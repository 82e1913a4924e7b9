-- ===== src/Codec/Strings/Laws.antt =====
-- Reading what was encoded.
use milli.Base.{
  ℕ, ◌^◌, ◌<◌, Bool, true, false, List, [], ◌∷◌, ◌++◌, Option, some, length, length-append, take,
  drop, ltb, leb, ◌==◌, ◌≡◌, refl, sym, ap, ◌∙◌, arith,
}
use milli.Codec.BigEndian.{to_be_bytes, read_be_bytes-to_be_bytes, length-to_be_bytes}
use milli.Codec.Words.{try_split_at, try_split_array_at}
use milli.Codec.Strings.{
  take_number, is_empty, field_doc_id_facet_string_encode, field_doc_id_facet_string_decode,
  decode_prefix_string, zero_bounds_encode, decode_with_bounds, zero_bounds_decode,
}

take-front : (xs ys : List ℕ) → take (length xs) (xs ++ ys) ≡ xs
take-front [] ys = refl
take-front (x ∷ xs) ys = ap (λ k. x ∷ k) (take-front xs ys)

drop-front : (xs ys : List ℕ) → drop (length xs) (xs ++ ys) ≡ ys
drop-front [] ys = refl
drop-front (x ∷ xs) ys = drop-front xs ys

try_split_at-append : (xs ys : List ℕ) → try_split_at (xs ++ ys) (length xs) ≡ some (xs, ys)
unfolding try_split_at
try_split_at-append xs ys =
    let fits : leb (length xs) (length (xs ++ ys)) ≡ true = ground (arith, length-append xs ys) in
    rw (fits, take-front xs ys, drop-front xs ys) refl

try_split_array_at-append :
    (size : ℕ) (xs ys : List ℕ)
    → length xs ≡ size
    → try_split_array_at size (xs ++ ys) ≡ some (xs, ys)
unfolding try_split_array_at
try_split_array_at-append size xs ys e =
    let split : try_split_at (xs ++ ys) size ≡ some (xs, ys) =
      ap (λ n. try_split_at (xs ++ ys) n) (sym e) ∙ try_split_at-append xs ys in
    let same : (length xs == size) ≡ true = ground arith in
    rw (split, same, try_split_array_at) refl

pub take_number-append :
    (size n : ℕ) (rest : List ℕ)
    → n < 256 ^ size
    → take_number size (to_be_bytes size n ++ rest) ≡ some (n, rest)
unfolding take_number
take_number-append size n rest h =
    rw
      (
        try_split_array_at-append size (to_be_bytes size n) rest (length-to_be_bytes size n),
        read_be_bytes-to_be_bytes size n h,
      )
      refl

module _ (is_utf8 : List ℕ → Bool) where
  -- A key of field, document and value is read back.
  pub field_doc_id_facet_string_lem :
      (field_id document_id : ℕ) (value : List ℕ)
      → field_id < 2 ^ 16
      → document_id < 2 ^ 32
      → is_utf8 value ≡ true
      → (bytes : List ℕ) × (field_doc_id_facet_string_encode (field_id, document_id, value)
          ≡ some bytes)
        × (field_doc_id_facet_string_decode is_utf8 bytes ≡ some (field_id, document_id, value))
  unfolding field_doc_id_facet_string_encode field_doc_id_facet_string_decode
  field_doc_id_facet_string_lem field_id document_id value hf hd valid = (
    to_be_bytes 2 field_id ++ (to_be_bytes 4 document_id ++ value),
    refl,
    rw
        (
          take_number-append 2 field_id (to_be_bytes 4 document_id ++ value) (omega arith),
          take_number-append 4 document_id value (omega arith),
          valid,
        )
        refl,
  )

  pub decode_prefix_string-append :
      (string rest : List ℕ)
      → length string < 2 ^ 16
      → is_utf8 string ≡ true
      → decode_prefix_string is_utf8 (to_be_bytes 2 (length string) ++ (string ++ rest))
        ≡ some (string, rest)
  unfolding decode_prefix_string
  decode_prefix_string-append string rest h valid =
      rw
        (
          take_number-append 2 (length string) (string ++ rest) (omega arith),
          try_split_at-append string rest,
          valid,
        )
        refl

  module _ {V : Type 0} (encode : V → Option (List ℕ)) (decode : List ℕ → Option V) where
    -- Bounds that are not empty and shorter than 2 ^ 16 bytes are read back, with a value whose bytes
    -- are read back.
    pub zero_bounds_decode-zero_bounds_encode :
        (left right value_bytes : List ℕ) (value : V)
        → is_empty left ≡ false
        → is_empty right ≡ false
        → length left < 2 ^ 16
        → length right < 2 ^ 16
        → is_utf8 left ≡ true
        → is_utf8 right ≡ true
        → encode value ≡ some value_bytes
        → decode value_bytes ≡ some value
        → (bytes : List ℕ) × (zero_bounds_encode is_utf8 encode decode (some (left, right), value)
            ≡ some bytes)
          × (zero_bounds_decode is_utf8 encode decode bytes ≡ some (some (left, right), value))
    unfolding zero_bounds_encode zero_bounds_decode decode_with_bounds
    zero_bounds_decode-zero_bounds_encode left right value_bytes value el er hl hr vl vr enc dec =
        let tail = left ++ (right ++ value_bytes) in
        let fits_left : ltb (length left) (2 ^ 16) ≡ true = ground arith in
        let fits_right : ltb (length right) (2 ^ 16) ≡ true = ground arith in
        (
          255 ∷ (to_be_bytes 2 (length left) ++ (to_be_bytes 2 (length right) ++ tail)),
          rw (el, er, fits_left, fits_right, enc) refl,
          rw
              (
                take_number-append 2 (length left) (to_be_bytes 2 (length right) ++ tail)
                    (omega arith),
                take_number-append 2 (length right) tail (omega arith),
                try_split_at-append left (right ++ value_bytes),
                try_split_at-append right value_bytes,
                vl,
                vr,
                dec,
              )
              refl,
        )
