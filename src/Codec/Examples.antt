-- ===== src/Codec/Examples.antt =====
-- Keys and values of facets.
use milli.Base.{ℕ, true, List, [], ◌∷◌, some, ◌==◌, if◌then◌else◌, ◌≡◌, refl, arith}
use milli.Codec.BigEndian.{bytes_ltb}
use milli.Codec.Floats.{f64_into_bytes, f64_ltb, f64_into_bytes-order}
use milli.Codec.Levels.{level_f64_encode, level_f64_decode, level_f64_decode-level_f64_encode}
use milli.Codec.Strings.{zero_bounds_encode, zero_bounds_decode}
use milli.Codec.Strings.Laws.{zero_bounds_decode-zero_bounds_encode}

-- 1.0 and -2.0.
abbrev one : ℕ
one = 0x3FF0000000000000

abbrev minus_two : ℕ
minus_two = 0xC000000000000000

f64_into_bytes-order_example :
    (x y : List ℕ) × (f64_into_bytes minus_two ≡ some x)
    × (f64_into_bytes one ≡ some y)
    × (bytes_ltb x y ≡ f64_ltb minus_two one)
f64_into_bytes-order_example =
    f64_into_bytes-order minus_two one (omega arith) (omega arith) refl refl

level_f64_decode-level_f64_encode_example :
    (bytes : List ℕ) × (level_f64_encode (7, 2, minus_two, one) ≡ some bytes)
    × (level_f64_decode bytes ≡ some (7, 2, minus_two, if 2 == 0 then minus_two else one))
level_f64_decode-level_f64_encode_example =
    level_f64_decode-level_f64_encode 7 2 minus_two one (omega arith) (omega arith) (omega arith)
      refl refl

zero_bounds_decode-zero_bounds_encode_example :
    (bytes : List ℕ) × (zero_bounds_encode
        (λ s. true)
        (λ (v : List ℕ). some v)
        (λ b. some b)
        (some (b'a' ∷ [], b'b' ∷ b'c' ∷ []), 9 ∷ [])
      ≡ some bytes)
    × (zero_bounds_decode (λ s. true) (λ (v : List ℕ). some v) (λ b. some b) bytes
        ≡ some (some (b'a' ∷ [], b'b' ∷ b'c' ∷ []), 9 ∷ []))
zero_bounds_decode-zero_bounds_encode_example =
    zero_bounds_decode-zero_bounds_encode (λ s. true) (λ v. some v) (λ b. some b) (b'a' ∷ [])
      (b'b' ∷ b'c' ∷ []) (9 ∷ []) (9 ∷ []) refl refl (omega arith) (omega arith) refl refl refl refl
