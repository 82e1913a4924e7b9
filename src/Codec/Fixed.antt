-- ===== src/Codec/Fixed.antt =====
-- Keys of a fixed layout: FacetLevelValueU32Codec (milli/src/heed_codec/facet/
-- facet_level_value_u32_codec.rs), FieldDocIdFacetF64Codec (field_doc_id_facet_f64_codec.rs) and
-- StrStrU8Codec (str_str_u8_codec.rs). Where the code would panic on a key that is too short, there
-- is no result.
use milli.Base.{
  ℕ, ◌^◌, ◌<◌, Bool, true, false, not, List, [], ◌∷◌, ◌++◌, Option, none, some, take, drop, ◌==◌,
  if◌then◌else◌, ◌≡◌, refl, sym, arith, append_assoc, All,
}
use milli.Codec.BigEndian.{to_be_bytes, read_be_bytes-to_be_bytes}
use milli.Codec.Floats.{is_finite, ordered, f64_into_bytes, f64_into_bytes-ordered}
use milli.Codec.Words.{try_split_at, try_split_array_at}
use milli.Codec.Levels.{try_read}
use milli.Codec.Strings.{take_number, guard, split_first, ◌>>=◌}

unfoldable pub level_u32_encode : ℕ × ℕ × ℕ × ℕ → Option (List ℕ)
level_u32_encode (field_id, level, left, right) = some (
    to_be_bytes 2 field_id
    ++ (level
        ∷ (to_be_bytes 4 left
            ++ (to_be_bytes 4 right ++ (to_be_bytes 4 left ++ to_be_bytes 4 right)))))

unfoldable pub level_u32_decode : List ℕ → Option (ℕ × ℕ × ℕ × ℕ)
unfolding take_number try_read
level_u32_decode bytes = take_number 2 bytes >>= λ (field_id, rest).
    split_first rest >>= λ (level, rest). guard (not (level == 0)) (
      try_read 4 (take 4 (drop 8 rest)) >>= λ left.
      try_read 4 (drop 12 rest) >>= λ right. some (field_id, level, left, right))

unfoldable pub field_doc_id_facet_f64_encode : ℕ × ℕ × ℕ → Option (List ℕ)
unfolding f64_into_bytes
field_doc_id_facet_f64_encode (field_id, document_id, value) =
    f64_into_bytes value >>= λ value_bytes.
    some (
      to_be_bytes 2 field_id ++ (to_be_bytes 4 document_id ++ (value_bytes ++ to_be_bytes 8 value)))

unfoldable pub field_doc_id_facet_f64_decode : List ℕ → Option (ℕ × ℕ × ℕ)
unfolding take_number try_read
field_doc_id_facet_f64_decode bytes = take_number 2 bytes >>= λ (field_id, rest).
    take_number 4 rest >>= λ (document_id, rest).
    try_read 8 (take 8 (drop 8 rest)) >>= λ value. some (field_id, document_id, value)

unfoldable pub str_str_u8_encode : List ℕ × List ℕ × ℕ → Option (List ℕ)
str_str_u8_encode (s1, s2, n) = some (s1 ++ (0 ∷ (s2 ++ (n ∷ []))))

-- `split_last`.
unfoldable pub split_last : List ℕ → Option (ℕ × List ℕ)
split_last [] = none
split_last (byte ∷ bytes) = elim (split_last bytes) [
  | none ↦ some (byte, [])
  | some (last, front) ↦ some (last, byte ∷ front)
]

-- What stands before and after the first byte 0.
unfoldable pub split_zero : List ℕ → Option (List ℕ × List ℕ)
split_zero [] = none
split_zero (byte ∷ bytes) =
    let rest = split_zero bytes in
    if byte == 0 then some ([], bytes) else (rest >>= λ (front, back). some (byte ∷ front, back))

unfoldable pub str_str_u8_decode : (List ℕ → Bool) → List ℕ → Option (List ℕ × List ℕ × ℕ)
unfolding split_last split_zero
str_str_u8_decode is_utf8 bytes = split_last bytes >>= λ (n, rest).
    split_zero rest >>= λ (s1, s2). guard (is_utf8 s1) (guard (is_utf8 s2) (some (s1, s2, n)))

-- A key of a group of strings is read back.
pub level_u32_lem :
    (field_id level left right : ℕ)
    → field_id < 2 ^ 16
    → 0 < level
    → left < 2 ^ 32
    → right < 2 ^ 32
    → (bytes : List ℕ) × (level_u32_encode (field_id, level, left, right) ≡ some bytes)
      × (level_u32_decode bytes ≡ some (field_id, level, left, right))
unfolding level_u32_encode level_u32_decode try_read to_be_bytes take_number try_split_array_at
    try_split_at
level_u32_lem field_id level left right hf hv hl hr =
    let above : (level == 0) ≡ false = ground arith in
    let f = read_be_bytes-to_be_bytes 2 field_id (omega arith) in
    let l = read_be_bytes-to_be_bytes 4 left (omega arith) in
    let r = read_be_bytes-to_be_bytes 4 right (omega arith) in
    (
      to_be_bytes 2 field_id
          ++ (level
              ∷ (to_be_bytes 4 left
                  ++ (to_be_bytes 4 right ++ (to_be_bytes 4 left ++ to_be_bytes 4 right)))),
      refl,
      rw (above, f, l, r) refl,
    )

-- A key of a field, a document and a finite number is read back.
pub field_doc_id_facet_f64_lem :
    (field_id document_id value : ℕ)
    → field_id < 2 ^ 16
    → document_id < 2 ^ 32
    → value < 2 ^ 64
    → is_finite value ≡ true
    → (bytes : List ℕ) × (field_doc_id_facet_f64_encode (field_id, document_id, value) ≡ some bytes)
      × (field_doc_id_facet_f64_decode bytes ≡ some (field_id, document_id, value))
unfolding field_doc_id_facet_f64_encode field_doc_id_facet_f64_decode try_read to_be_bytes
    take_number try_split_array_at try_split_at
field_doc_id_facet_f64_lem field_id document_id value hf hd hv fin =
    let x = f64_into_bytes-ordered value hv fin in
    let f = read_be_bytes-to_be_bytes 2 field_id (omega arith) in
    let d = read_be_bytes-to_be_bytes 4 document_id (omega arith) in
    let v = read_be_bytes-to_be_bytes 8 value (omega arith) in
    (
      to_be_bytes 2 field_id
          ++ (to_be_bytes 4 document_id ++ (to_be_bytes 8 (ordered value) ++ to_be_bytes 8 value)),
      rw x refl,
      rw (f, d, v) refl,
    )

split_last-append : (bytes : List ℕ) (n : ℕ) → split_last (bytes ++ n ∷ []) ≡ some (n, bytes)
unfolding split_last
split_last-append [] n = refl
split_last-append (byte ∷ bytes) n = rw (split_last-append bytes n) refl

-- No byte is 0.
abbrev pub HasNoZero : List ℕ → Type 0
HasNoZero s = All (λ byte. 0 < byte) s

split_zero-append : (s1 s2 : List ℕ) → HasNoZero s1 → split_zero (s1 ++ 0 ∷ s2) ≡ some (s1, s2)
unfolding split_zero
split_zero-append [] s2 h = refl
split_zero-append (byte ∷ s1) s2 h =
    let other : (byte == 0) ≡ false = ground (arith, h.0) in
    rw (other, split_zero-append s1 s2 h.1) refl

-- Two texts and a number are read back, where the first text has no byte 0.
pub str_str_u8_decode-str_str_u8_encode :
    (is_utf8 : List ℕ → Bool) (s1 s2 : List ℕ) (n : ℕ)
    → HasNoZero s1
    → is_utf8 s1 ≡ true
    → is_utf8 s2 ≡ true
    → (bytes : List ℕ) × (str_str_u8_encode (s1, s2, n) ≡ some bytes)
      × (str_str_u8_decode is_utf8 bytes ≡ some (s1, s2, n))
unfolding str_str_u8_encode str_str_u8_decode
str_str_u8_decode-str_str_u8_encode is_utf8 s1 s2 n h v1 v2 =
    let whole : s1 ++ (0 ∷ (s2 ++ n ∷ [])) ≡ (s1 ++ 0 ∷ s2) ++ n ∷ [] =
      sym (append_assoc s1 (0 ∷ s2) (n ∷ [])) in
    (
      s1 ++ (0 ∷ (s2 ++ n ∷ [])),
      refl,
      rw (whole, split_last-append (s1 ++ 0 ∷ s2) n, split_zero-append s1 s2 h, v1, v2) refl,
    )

Work instructions
What is needed is a verbatim copy of every line in the records above from the one containing "some (string, rest)" down to the one containing "let fits_left : ltb", both included, and nothing more.

The completed task
        ≡ some (string, rest)
  unfolding decode_prefix_string
  decode_prefix_string-append string rest h valid =
      rw
        (
          take_number-append 2 (length string) (string ++ rest) (omega arith),
          try_split_at-append string rest,
          valid,
        )
        refl

  module _ {V : Type 0} (encode : V → Option (List ℕ)) (decode : List ℕ → Option V) where
    -- Bounds that are not empty and shorter than 2 ^ 16 bytes are read back, with a value whose bytes
    -- are read back.
    pub zero_bounds_decode-zero_bounds_encode :
        (left right value_bytes : List ℕ) (value : V)
        → is_empty left ≡ false
        → is_empty right ≡ false
        → length left < 2 ^ 16
        → length right < 2 ^ 16
        → is_utf8 left ≡ true
        → is_utf8 right ≡ true
        → encode value ≡ some value_bytes
        → decode value_bytes ≡ some value
        → (bytes : List ℕ) × (zero_bounds_encode is_utf8 encode decode (some (left, right), value)
            ≡ some bytes)
          × (zero_bounds_decode is_utf8 encode decode bytes ≡ some (some (left, right), value))
    unfolding zero_bounds_encode zero_bounds_decode decode_with_bounds
    zero_bounds_decode-zero_bounds_encode left right value_bytes value el er hl hr vl vr enc dec =
        let tail = left ++ (right ++ value_bytes) in
        let fits_left : ltb (length left) (2 ^ 16) ≡ true = ground arith in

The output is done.